这篇综述没有发现输精管结扎术和高级别,高级阶段,或者致命的前列腺癌.输精管结扎术和任何前列腺癌之间的联系越来越弱,研究设计越来越可靠,更接近无效。这种关联不太可能是因果关系,不应排除使用输精管结扎术作为长期避孕选择。
确定输精管结扎术是否与前列腺癌相关。
MEDLINE,EMBASE,WebofScience,和Scopus数据库检索了从数据库开始到2017年3月21日的索引研究,没有语言限制.
队列,病例控制,纳入了横断面研究,这些研究报告了输精管结扎术与前列腺癌之间的相关性的相对效应估计值.
两名研究者独立进行研究选择。使用随机效应模型按研究设计类型分别汇集数据。纽卡斯尔-渥太华量表用于评估偏倚风险。

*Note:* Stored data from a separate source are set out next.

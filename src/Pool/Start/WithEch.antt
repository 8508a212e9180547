-- ===== src/Pool/Start/WithEch.antt =====
-- That every goroutine of `Start` (pool.go) dials with ECH.
use tunnel.Prelude.{ℕ, zero, suc, Bytes, List, [], ◌∷◌, none, some, arith}
use tunnel.Pool.State.{Pool}
use tunnel.Pool.Start.{start, then_next}
use tunnel.Pool.Dial.{Dialling, after_round, dial_once, redial_channel}
use tunnel.Pool.Dial.Liveness.{AllWithEch-append}
use tunnel.TcpClient.Dial.{Round, Action, Ended, dialled, dial_websocket_with_ech}
use tunnel.TcpClient.Dial.Bounds.{AllWithEch, dial_websocket_with_ech-Bounded}

after_round-AllWithEch :
    (index : ℕ) (p : Pool) (r : List Action × Bytes × Ended) (retry : Bytes → Dialling)
    → AllWithEch r.0
    → ((cache : Bytes) → AllWithEch (retry cache).0)
    → AllWithEch (after_round index p r retry).0
after_round-AllWithEch index p (actions, cache, dialled ws) retry h k = h
after_round-AllWithEch index p (actions, cache, _) retry h k =
    AllWithEch-append actions (retry cache).0 h (k cache)

dial_once-AllWithEch :
    (n round : ℕ) (world : ℕ → ℕ → Round) (index : ℕ) (p : Pool) (cache : Bytes)
    → AllWithEch (dial_once n round world index p cache).0
unfolding dial_once
dial_once-AllWithEch zero round world index p cache = _
dial_once-AllWithEch (suc n) round world index p cache =
    after_round-AllWithEch index p (dial_websocket_with_ech 2 (world round) cache) _
      (dial_websocket_with_ech-Bounded 2 (world round) cache (omega arith)).0
      (λ after. dial_once-AllWithEch n (suc round) world index p after)

pub redial_channel-AllWithEch :
    (n : ℕ) (world : ℕ → ℕ → Round) (channel : ℕ) (p : Pool) (cache : Bytes)
    → AllWithEch (redial_channel n world channel p cache).0
unfolding redial_channel
redial_channel-AllWithEch n world channel p cache = dial_once-AllWithEch n 0 world channel p cache

then_next-AllWithEch :
    (d : Dialling) (next : Pool → Bytes → Dialling)
    → AllWithEch d.0
    → ((q : Pool) (cache : Bytes) → AllWithEch (next q cache).0)
    → AllWithEch (then_next d next).0
then_next-AllWithEch (actions, cache, none) next h k = h
then_next-AllWithEch (actions, cache, some q) next h k =
    AllWithEch-append actions (next q cache).0 h (k q cache)

pub start-AllWithEch :
    (world : ℕ → ℕ → ℕ → Round) (rounds : ℕ → ℕ) (order : List ℕ) (p : Pool) (cache : Bytes)
    → AllWithEch (start world rounds order p cache).0
unfolding start
start-AllWithEch world rounds [] p cache = _
start-AllWithEch world rounds (i ∷ order) p cache =
    then_next-AllWithEch (dial_once (suc (rounds i)) 0 (world i) i p cache)
      (start world rounds order) (dial_once-AllWithEch (suc (rounds i)) 0 (world i) i p cache)
      (λ q after. start-AllWithEch world rounds order q after)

主要结果是前列腺癌的任何诊断。次要结果是高等级,先进,和致命的前列腺癌.
53项研究(16项队列研究,包括2563519名参与者,33项病例对照研究,包括44536名参与者,和4项横断面研究,包括12098221名参与者)。其中,7项队列研究(44%),26项病例对照研究(79%),所有4项横断面研究均被认为存在中度至高度偏倚风险.在被认为具有低偏倚风险的研究中,在队列研究中发现弱关联(7项研究;调整后的比率,1.05;95%CI,1.02-1.09;P<.001;I2=9%),在病例对照研究中发现了相似但不显著的关联(6项研究;调整后的比值比,1.06;95%CI,0.88-1.29;P=.54;I2=37%)。当包括具有中度至高度偏倚风险的研究时,效果估计距离零进一步。输精管结扎术与高级别前列腺癌之间的关联(6项研究;调整后的比率,1.03;95%CI,0.89-1.21;P=.67;I2=55%),晚期前列腺癌(6项研究;调整后的比率,1.08;95%CI,0.98-1.20;P=.11;I2=18%),和致命的前列腺癌(5项研究;调整后的比率,1.02;95%CI,0.92-1.14;P=.68;I2=26%)无统计学意义(所有队列研究)。基于这些数据,经计算,与输精管切除术相关的前列腺癌终生风险绝对增加0.6%(95%CI,0.3%-1.2%),人群归因分数为0.5%(95%CI,0.2%-0.9%).
这篇综述没有发现输精管结扎术和高级别,高级阶段,或者致命的前列腺癌.输精管结扎术和任何前列腺癌之间的联系越来越弱,研究设计越来越可靠,更接近无效。这种关联不太可能是因果关系,不应排除使用输精管结扎术作为长期避孕选择。